◆ **ABOUT THIS EXERCISE**
Within the entries below, the lines from the one with "let (ns, i, cases)" through the one with "N child prefix" are to be set down exactly, both ends kept.
*** EXTRACTED INFORMATION
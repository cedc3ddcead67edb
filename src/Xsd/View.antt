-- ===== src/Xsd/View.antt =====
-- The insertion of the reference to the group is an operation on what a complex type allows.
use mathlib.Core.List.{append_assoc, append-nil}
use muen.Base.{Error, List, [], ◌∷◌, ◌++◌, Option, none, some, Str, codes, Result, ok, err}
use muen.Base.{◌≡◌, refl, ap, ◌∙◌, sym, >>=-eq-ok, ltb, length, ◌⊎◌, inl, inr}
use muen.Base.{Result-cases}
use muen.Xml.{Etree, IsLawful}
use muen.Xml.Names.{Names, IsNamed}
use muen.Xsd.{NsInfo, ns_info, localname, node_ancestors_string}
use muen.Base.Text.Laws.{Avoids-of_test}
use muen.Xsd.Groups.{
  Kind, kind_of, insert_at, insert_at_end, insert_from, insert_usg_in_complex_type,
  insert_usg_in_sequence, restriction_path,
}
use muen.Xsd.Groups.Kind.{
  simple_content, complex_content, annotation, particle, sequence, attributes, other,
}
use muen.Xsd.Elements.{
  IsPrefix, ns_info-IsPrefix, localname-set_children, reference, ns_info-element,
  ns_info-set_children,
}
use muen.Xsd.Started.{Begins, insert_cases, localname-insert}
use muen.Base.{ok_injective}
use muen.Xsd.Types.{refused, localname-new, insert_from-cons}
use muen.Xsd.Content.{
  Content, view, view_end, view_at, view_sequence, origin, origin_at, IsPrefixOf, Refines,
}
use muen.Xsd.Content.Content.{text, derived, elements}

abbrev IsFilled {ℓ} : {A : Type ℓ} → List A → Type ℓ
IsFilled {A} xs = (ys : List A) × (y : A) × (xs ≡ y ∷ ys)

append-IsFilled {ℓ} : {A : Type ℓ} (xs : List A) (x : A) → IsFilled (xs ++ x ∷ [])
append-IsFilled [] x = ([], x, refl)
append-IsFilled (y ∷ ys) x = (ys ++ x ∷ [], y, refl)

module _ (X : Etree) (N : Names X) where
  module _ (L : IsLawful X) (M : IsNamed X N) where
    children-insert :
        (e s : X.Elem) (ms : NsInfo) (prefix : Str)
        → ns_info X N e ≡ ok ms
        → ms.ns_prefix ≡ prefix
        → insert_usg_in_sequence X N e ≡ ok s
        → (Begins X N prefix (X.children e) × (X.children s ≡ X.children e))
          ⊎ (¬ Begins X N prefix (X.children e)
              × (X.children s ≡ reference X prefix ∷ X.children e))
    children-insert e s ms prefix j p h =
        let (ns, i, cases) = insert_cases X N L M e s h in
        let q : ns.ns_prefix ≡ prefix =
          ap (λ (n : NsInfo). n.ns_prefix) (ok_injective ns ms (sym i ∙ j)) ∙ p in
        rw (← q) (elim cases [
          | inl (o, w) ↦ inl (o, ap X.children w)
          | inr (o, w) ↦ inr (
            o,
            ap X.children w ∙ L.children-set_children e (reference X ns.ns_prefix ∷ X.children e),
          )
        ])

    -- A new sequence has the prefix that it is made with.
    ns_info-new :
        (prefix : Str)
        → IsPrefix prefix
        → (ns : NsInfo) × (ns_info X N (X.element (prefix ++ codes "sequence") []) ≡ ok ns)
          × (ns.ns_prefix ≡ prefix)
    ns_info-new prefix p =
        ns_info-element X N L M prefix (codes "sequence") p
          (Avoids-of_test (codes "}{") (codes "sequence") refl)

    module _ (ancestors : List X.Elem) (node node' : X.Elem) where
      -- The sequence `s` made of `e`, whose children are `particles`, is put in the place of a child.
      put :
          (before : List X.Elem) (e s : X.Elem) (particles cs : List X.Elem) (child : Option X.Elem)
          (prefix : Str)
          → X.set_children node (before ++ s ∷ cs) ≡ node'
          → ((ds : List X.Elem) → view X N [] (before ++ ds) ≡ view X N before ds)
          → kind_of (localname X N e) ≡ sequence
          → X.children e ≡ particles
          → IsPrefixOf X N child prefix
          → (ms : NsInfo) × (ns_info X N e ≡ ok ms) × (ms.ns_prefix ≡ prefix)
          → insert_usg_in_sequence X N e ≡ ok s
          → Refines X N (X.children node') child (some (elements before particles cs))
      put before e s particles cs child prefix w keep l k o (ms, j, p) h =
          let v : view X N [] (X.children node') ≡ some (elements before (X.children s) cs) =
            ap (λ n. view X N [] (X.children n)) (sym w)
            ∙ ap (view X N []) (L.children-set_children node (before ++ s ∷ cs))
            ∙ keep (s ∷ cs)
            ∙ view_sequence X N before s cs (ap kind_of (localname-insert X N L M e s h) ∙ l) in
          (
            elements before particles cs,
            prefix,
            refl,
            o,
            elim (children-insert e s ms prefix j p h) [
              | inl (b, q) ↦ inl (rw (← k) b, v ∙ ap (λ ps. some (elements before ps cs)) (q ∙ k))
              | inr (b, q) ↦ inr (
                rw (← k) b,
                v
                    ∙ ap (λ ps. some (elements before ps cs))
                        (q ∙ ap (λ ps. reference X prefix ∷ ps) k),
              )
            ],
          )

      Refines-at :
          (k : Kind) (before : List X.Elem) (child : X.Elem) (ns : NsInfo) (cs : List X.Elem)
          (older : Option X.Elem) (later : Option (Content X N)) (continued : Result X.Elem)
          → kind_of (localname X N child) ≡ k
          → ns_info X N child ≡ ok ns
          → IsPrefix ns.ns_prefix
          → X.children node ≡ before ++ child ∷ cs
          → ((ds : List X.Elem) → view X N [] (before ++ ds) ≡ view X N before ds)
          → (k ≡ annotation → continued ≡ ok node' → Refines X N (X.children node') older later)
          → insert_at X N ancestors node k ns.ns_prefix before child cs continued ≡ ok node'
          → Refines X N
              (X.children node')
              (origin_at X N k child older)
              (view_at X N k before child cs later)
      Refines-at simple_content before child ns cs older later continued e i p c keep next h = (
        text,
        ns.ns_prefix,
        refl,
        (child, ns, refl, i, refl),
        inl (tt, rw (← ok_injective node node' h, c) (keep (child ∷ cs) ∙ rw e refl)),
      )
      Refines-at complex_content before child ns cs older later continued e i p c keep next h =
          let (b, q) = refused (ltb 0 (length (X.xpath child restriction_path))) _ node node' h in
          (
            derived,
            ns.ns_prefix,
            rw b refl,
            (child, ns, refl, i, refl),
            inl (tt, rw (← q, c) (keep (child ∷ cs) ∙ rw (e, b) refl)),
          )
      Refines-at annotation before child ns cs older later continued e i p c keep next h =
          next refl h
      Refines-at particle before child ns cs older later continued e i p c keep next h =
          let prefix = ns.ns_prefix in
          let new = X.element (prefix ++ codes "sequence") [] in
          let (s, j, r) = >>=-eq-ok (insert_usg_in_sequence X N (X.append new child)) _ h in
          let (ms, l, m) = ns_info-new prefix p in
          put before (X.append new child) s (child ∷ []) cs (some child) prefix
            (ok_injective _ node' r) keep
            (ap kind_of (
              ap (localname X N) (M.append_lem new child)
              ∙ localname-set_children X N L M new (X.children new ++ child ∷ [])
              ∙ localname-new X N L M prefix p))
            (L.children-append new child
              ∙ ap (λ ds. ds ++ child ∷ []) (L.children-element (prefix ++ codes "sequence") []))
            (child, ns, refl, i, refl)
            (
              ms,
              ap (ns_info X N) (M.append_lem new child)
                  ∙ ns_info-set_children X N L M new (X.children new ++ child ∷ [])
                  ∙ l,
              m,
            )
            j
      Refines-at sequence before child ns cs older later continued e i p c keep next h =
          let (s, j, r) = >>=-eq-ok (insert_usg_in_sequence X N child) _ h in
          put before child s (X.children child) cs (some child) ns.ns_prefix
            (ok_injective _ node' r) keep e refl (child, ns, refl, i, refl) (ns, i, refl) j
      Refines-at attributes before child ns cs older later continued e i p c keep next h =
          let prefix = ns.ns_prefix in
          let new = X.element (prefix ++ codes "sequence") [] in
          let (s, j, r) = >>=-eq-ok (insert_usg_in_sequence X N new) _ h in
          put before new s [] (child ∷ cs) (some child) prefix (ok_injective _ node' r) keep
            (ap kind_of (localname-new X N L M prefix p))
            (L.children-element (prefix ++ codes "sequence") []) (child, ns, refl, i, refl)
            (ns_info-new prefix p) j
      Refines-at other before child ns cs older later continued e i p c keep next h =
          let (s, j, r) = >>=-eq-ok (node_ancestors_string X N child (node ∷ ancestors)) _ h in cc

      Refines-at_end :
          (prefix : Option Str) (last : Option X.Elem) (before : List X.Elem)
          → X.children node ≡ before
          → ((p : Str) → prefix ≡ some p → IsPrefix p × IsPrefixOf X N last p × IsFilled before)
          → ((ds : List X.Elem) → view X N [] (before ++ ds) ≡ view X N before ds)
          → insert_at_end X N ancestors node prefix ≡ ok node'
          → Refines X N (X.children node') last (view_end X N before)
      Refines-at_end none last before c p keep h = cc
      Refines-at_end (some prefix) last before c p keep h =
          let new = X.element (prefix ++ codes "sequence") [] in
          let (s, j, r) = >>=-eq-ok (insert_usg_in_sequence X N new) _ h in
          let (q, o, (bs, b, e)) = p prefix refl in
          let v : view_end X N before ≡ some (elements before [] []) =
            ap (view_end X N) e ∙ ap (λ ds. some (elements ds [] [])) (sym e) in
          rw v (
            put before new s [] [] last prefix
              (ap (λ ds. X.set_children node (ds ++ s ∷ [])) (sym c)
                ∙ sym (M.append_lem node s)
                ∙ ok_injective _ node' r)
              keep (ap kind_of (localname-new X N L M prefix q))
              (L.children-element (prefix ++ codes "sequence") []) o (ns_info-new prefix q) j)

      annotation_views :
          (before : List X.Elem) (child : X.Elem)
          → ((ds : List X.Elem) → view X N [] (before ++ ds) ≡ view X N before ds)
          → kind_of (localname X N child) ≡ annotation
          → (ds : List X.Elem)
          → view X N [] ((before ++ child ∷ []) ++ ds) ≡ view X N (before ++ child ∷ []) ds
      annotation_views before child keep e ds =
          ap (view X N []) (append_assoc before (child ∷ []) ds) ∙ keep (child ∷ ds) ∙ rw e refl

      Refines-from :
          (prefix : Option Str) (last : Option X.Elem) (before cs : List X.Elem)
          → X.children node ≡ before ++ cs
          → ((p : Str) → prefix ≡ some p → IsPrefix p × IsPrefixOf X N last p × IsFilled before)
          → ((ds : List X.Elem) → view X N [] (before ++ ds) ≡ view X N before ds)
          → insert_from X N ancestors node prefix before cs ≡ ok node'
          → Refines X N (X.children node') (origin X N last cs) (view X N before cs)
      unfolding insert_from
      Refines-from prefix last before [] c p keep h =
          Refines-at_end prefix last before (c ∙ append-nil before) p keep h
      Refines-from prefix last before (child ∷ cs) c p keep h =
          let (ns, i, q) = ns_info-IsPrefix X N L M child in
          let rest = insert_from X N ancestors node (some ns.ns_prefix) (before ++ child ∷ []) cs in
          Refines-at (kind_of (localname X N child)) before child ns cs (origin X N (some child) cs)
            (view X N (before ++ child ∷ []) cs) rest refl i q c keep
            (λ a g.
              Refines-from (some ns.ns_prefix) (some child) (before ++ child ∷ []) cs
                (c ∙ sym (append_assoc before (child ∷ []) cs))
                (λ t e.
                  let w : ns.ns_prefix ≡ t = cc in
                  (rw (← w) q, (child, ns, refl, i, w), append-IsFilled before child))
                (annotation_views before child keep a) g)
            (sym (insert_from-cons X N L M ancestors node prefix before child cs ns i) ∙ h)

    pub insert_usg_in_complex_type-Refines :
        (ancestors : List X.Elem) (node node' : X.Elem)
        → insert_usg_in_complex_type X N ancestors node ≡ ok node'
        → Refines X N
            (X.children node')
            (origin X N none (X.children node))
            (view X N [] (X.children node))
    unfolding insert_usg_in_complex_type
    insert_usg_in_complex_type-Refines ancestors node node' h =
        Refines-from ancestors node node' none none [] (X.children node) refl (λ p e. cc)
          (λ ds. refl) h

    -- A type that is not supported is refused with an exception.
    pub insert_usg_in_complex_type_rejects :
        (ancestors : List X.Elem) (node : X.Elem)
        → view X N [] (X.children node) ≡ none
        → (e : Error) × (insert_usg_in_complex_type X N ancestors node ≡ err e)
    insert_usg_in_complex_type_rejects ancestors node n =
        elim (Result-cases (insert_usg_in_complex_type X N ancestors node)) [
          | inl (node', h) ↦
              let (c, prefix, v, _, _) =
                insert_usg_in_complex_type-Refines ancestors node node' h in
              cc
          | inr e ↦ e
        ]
******
◆ **RESPONSE AREA**
        let (ns, i, cases) = insert_cases X N L M e s h in
        let q : ns.ns_prefix ≡ prefix =
          ap (λ (n : NsInfo). n.ns_prefix) (ok_injective ns ms (sym i ∙ j)) ∙ p in
        rw (← q) (elim cases [
          | inl (o, w) ↦ inl (o, ap X.children w)
          | inr (o, w) ↦ inr (
            o,
            ap X.children w ∙ L.children-set_children e (reference X ns.ns_prefix ∷ X.children e),
          )
        ])

    -- A new sequence has the prefix that it is made with.
    ns_info-new :
        (prefix : Str)
        → IsPrefix prefix
        → (ns : NsInfo) × (ns_info X N (X.element (prefix ++ codes "sequence") []) ≡ ok ns)
          × (ns.ns_prefix ≡ prefix)
    ns_info-new prefix p =
        ns_info-element X N L M prefix (codes "sequence") p
          (Avoids-of_test (codes "}{") (codes "sequence") refl)

    module _ (ancestors : List X.Elem) (node node' : X.Elem) where
      -- The sequence `s` made of `e`, whose children are `particles`, is put in the place of a child.
      put :
          (before : List X.Elem) (e s : X.Elem) (particles cs : List X.Elem) (child : Option X.Elem)
          (prefix : Str)
          → X.set_children node (before ++ s ∷ cs) ≡ node'
          → ((ds : List X.Elem) → view X N [] (before ++ ds) ≡ view X N before ds)
          → kind_of (localname X N e) ≡ sequence
          → X.children e ≡ particles
          → IsPrefixOf X N child prefix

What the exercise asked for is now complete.